ACTIVITY
Type out the data again. Keep every line exactly the same.

DATASET CONTENT

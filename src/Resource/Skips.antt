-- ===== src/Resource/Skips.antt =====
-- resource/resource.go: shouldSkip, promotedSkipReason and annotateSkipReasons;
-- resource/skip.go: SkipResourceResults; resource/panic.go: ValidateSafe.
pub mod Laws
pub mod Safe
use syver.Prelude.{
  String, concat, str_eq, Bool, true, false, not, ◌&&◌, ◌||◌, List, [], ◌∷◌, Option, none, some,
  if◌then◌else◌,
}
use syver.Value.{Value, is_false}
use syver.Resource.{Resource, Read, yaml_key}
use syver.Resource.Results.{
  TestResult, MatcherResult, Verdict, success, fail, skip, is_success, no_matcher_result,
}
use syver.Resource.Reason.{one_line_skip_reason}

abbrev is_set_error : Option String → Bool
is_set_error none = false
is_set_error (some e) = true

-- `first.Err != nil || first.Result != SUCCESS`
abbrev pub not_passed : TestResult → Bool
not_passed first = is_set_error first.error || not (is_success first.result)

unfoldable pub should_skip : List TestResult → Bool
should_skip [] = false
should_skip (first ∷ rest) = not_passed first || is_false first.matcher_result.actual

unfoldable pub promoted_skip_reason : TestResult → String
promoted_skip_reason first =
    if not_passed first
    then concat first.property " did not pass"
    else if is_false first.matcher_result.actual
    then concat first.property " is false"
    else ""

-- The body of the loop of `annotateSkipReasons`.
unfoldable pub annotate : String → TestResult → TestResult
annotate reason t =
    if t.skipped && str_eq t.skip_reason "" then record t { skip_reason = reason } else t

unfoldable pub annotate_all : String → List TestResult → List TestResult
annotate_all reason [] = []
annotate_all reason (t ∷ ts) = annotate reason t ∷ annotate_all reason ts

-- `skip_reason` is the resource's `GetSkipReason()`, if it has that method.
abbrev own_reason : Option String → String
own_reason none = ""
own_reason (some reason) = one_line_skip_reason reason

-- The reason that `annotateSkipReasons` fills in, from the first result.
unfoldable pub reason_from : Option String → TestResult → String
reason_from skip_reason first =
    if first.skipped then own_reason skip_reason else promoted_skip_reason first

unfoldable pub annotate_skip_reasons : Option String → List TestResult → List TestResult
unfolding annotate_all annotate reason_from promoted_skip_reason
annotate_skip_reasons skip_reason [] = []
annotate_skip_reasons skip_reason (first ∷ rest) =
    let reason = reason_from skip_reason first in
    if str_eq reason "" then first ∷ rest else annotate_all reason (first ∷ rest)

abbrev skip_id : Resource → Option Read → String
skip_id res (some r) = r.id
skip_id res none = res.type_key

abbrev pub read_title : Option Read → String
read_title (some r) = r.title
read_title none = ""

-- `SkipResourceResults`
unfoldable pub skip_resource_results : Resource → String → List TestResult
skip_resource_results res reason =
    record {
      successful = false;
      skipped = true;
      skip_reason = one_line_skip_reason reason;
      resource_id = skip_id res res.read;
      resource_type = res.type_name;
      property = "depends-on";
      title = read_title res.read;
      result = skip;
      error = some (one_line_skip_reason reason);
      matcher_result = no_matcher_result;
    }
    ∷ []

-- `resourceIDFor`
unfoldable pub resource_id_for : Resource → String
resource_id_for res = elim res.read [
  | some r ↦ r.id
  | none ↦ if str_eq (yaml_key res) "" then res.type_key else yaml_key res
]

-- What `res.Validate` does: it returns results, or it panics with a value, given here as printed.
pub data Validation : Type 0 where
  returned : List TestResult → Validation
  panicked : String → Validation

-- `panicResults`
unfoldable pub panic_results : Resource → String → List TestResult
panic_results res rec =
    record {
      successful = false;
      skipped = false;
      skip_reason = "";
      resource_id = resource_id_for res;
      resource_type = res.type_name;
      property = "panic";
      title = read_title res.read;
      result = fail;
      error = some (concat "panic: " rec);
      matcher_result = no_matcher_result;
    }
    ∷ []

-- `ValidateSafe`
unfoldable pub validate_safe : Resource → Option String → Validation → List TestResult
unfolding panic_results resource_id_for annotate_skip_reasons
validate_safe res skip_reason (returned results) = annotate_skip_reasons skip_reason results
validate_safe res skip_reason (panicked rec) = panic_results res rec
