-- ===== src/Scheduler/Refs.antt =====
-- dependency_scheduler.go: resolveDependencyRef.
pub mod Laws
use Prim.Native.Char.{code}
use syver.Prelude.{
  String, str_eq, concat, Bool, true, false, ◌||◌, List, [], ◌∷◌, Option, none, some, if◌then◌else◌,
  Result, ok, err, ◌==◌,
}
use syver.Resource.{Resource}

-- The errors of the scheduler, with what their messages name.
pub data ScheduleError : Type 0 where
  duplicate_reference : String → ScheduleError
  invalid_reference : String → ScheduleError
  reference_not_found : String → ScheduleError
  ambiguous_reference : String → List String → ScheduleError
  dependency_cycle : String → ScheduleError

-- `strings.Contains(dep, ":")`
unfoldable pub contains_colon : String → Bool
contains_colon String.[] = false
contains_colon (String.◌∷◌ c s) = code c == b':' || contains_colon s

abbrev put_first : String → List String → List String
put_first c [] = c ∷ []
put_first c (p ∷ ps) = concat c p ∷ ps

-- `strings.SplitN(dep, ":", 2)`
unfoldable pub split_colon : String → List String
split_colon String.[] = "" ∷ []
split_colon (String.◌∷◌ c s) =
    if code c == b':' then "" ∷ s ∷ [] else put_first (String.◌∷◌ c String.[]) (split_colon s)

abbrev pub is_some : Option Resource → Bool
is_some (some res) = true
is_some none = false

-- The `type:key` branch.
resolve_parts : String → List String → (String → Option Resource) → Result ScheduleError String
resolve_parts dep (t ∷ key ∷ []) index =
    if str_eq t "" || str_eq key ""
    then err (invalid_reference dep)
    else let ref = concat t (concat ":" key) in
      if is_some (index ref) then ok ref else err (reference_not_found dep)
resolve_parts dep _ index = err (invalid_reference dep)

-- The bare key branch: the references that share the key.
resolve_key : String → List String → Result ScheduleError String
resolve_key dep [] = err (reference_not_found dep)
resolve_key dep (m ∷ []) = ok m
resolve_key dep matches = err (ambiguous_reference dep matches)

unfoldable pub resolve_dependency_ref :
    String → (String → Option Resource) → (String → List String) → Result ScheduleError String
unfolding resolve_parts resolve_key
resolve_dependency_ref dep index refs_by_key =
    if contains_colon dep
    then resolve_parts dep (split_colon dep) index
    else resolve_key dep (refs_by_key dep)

SOLUTION BELOW
filename src/Resource/Skips.antt
-- ===== src/Resource/Skips.antt =====
-- resource/resource.go: shouldSkip, promotedSkipReason and annotateSkipReasons;
-- resource/skip.go: SkipResourceResults; resource/panic.go: ValidateSafe.
pub mod Laws
pub mod Safe
use syver.Prelude.{
  String, concat, str_eq, Bool, true, false, not, ◌&&◌, ◌||◌, List, [], ◌∷◌, Option, none, some,
  if◌then◌else◌,
}
use syver.Value.{Value, is_false}
use syver.Resource.{Resource, Read, yaml_key}
use syver.Resource.Results.{
  TestResult, MatcherResult, Verdict, success, fail, skip, is_success, no_matcher_result,
}
use syver.Resource.Reason.{one_line_skip_reason}

abbrev is_set_error : Option String → Bool
is_set_error none = false
is_set_error (some e) = true

-- `first.Err != nil || first.Result != SUCCESS`
abbrev pub not_passed : TestResult → Bool
not_passed first = is_set_error first.error || not (is_success first.result)

unfoldable pub should_skip : List TestResult → Bool
should_skip [] = false
should_skip (first ∷ rest) = not_passed first || is_false first.matcher_result.actual

unfoldable pub promoted_skip_reason : TestResult → String
promoted_skip_reason first =
    if not_passed first
    then concat first.property " did not pass"
    else if is_false first.matcher_result.actual
    then concat first.property " is false"
    else ""

-- The body of the loop of `annotateSkipReasons`.
unfoldable pub annotate : String → TestResult → TestResult
annotate reason t =
    if t.skipped && str_eq t.skip_reason "" then record t { skip_reason = reason } else t

unfoldable pub annotate_all : String → List TestResult → List TestResult
annotate_all reason [] = []
annotate_all reason (t ∷ ts) = annotate reason t ∷ annotate_all reason ts

-- `skip_reason` is the resource's `GetSkipReason()`, if it has that method.
abbrev own_reason : Option String → String
own_reason none = ""
own_reason (some reason) = one_line_skip_reason reason

-- The reason that `annotateSkipReasons` fills in, from the first result.
unfoldable pub reason_from : Option String → TestResult → String
reason_from skip_reason first =
    if first.skipped then own_reason skip_reason else promoted_skip_reason first

unfoldable pub annotate_skip_reasons : Option String → List TestResult → List TestResult
unfolding annotate_all annotate reason_from promoted_skip_reason
annotate_skip_reasons skip_reason [] = []
annotate_skip_reasons skip_reason (first ∷ rest) =
    let reason = reason_from skip_reason first in
    if str_eq reason "" then first ∷ rest else annotate_all reason (first ∷ rest)

abbrev skip_id : Resource → Option Read → String
skip_id res (some r) = r.id
skip_id res none = res.type_key

abbrev pub read_title : Option Read → String
read_title (some r) = r.title
read_title none = ""

-- `SkipResourceResults`
unfoldable pub skip_resource_results : Resource → String → List TestResult
skip_resource_results res reason =
    record {
      successful = false;
      skipped = true;
      skip_reason = one_line_skip_reason reason;
      resource_id = skip_id res res.read;
      resource_type = res.type_name;
      property = "depends-on";
      title = read_title res.read;
      result = skip;
      error = some (one_line_skip_reason reason);
      matcher_result = no_matcher_result;
    }
    ∷ []

-- `resourceIDFor`
unfoldable pub resource_id_for : Resource → String
resource_id_for res = elim res.read [
  | some r ↦ r.id
  | none ↦ if str_eq (yaml_key res) "" then res.type_key else yaml_key res
]

-- What `res.Validate` does: it returns results, or it panics with a value, given here as printed.
pub data Validation : Type 0 where
  returned : List TestResult → Validation
  panicked : String → Validation

-- `panicResults`
unfoldable pub panic_results : Resource → String → List TestResult
panic_results res rec =
    record {
      successful = false;
      skipped = false;
      skip_reason = "";
      resource_id = resource_id_for res;
      resource_type = res.type_name;
      property = "panic";
      title = read_title res.read;
      result = fail;
      error = some (concat "panic: " rec);
      matcher_result = no_matcher_result;
    }
    ∷ []

-- `ValidateSafe`
unfoldable pub validate_safe : Resource → Option String → Validation → List TestResult
unfolding panic_results resource_id_for annotate_skip_reasons
validate_safe res skip_reason (returned results) = annotate_skip_reasons skip_reason results
validate_safe res skip_reason (panicked rec) = panic_results res rec
-- ===== src/Scheduler/Refs.antt =====
-- dependency_scheduler.go: resolveDependencyRef.
pub mod Laws
use Prim.Native.Char.{code}
use syver.Prelude.{
  String, str_eq, concat, Bool, true, false, ◌||◌, List, [], ◌∷◌, Option, none, some, if◌then◌else◌,
  Result, ok, err, ◌==◌,
}
use syver.Resource.{Resource}

-- The errors of the scheduler, with what their messages name.
pub data ScheduleError : Type 0 where
  duplicate_reference : String → ScheduleError
  invalid_reference : String → ScheduleError
  reference_not_found : String → ScheduleError
  ambiguous_reference : String → List String → ScheduleError
  dependency_cycle : String → ScheduleError

-- `strings.Contains(dep, ":")`
unfoldable pub contains_colon : String → Bool
contains_colon String.[] = false
contains_colon (String.◌∷◌ c s) = code c == b':' || contains_colon s

abbrev put_first : String → List String → List String
put_first c [] = c ∷ []
put_first c (p ∷ ps) = concat c p ∷ ps

-- `strings.SplitN(dep, ":", 2)`
unfoldable pub split_colon : String → List String
split_colon String.[] = "" ∷ []
split_colon (String.◌∷◌ c s) =
    if code c == b':' then "" ∷ s ∷ [] else put_first (String.◌∷◌ c String.[]) (split_colon s)

abbrev pub is_some : Option Resource → Bool
is_some (some res) = true
is_some none = false

-- The `type:key` branch.
resolve_parts : String → List String → (String → Option Resource) → Result ScheduleError String
resolve_parts dep (t ∷ key ∷ []) index =
    if str_eq t "" || str_eq key ""
    then err (invalid_reference dep)
    else let ref = concat t (concat ":" key) in
      if is_some (index ref) then ok ref else err (reference_not_found dep)
resolve_parts dep _ index = err (invalid_reference dep)

-- The bare key branch: the references that share the key.
resolve_key : String → List String → Result ScheduleError String
resolve_key dep [] = err (reference_not_found dep)
resolve_key dep (m ∷ []) = ok m
resolve_key dep matches = err (ambiguous_reference dep matches)

unfoldable pub resolve_dependency_ref :
    String → (String → Option Resource) → (String → List String) → Result ScheduleError String
unfolding resolve_parts resolve_key
resolve_dependency_ref dep index refs_by_key =
    if contains_colon dep
    then resolve_parts dep (split_colon dep) index
    else resolve_key dep (refs_by_key dep)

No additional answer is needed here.